Human behaviors (e.g., participation, commitment) and factors (e.g., values, institutions, policies) that influence and motivate those behaviors are central to any understanding of organizational performance and SHSM.

People’s actions do not arise as simple responses to external or internal stimuli per se, but as a response to situations determined by the relationship between the effectivities of the system and the environmental affordances through positive and negative feedback loops (Emery, 1985). In other words, people’s behaviors are determined by the relationship between the individual and his/her environment.

Thus, negative behaviors (i.e., maladaptations, such as apathy, dissociation, lack of responsibility, commitment, and participation) are attributable to bureaucratic structures or first design principles (DP1), which restrict the effectivities of its elements.

The restriction of element effectivities gives rise to goal-seeking or “rational” individualistic behaviors as a requirement for survival within this type of restrictive organizational structure and turbulent environment.

On the other hand, positive behaviors, such as high responsibility, commitment, and participation, are attributable to participative organizational structures, or second design principles (DP2), which enhances the effectivities of its elements within this type of structure and turbulent environment.

The fact that DP2 organizations are more productive and have lower worker-to-productivity ratios has been known for over half a century.

During the Norwegian Industrial Democracy experiment, conducted over 60 years ago, DP2 companies scored better on turnover, absenteeism, productivity and earnings. At Norsk Hydro, productivity increased between 50 and 100% despite low staffing levels; downtime dropped from about 30% to about 10%. Since the 1990’s, Syncrude Canada has operated as a DP 2 organization and has increased its productivity by 90% ( Donald de Guerre).
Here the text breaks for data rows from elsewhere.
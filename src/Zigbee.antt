-- ===== src/Zigbee.antt =====
-- zigbee: the package that a program uses, on top of the adapter and of the registry.
pub mod Query
pub mod Description
pub mod Interview
pub mod Command
pub mod Attributes
pub mod Devices
pub mod Color
pub mod Light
The enhancement of element effectivities gives rise to ideal-seeking behavior through the purposeful pursuit of ideals. Because ideal-seeking behavior and choice are intimately related ( Ackoff& Emery, 1972), the future and sustainability of Human Sources Management, is increasingly determined by the choices people make and their behavior ( Emery, 1985).
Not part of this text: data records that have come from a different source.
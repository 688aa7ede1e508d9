-- ===== src/Zigbee/Interview/Steps.antt =====
-- zigbee/interview.go: what an interview does to the registry, and the single question of one that inherits.
use gzb.Base.{
  ℕ, ◌≡◌, refl, ap, subst, ◌⊎◌, ◌==◌, Bool, true, false, Option, none, some, List, [], ◌∷◌, map,
  Bytes, Bool-cases, inl, inr, if◌then◌else◌,
}
use gzb.Base.Strings.{same, same_self}
use gzb.Base.Result.{ok}
use gzb.Store.{Device, Entry, Store, put, by_node_id}
use gzb.Zigbee.Description.{
  Description, new_description, record_interview, record_in, learned_something, basic_endpoint,
  inherit_from_peer,
}
use gzb.Zigbee.Interview.{
  DeviceAnswers, Value, with_names, continue_with, manufacturer_and_model, ask_all,
  interview_device,
}

module _ {F : Type 0} where
  abbrev pub keys : Store F → List Bytes
  keys s = map (λ (e : Entry F). e.key) s

  -- `s` has a record under the key.
  abbrev HasKey : Store F → Bytes → Type 0
  HasKey [] k = ⊥
  HasKey (x ∷ s) k = (same x.key k ≡ true) ⊎ HasKey s k

  by_node_id-HasKey :
      (s : Store F) (id : ℕ) (e : Entry F) → by_node_id s id ≡ some e → HasKey s e.key
  unfolding by_node_id
  by_node_id-HasKey [] id e h = cc
  by_node_id-HasKey (x ∷ s) id e h = elim (Bool-cases (x.device.node_id == id)) [
    | inl here ↦ inl (found x e (by_node_id s id) id here h)
    | inr there ↦ inr (by_node_id-HasKey s id e (later x e (by_node_id s id) id there h))
  ]
    where
      found :
          (x e : Entry F) (rest : Option (Entry F)) (id : ℕ)
          → (x.device.node_id == id) ≡ true
          → (if x.device.node_id == id then some x else rest) ≡ some e
          → same x.key e.key ≡ true
      found x e rest id q h =
          let h' : ◌≡◌ {A = Option (Entry F)} (some x) (some e) = simp q at h in
          let same_entry : x ≡ e = cc in
          subst (λ t. same x.key t.key ≡ true) same_entry (same_self x.key)

      later :
          (x e : Entry F) (rest : Option (Entry F)) (id : ℕ)
          → (x.device.node_id == id) ≡ false
          → (if x.device.node_id == id then some x else rest) ≡ some e
          → rest ≡ some e
      later x e rest id q h = simp q at h

  put_existing-keys :
      (s : Store F) (k : Bytes) (d : Device F) → HasKey s k → keys (put s k d) ≡ keys s
  unfolding put
  put_existing-keys [] k d h = absurd h
  put_existing-keys (x ∷ s) k d h = elim (Bool-cases (same x.key k)) [
    | inl here ↦ simp here refl
    | inr there ↦ simp there (ap (◌∷◌ x.key) (put_existing-keys s k d (elsewhere x s k there h)))
  ]
    where
      elsewhere :
          (x : Entry F) (s : Store F) (k : Bytes)
          → same x.key k ≡ false
          → (same x.key k ≡ true) ⊎ HasKey s k
          → HasKey s k
      elsewhere x s k none_here (inl y) = cc
      elsewhere x s k none_here (inr y) = y

  record_in-keys :
      (o : Option (Entry F)) (s : Store F) (desc : Description) (save : Option ℕ)
      → ((e : Entry F) → o ≡ some e → HasKey s e.key)
      → keys (record_in o s desc save).0 ≡ keys s
  unfolding record_in
  record_in-keys none s desc save h = refl
  record_in-keys (some e) s desc save h = elim (Bool-cases (learned_something desc)) [
    | inl learned ↦ simp learned (put_existing-keys s e.key _ (h e refl))
    | inr nothing ↦ simp nothing refl
  ]

  record_interview-keys :
      (s : Store F) (id : ℕ) (desc : Description) (save : Option ℕ)
      → keys (record_interview s id desc save).0 ≡ keys s
  unfolding record_interview
  record_interview-keys s id desc save =
      record_in-keys (by_node_id s id) s desc save (by_node_id-HasKey s id)

  continue_with-keys :
      (a : DeviceAnswers) (s : Store F) (id : ℕ) (known : Bool × Description)
      (o : Option Description)
      → keys (continue_with a s id known o).0 ≡ keys s
  continue_with-keys a s id known none =
      record_interview-keys s id (ask_all a known.0 known.1).0 a.save
  continue_with-keys a s id known (some d) = record_interview-keys s id d a.save

  -- An interview adds no record to the registry and removes none, whatever the answers are.
  pub interview_device-keys :
      (a : DeviceAnswers) (full : Bool) (id now : ℕ) (s : Store F)
      → keys (interview_device a full id now s).0 ≡ keys s
  unfolding interview_device
  interview_device-keys a full id now s = continue_with-keys a s id _ _

  -- A device that inherits the answers of another is asked one question: what it is.
  pub interview_device-inherits :
      (a : DeviceAnswers) (id now : ℕ) (s : Store F) (vs : List Value) (out : Description)
      → a.basic (basic_endpoint s id) ≡ ok vs
      → inherit_from_peer s id (with_names vs (new_description id now)) ≡ some out
      → interview_device a false id now s ≡ (
        (record_interview s id out a.save).0,
        (record_interview s id out a.save).1,
        manufacturer_and_model ∷ [],
      )
  unfolding interview_device
  interview_device-inherits a id now s vs out e h = simp e (simp h refl)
Covid19 has shown the increasing importance of learning about DP2 as the only sound and sustainable alternative to restrictive organizational design principles. DP2 organizations will ensure not only Sustainable Human Source Management practices but also will enable businesses to go from reactive goal-seeking organizations to pro-active Ideal-Seeking Systems and, eventually, become Tropophilic.

Here’s To The Health Of Your Sustainable Human Source Management and Ideal-Seeking Systems!

JC Wandemberg Ph.D.

President & Founder

Sustainable Systems International

About the author: Dr. Wandemberg is an international consultant, professor, and analyst of economic, environmental, social, managerial, marketing, and political issues. For the past 30 years Dr. Wandemberg has collaborated with corporations, communities, and organizations to integrate sustainability through self-transformation processes and Open Systems Design Principles, thus, catalyzing a Culture of Trust, Transparency, and Integrity.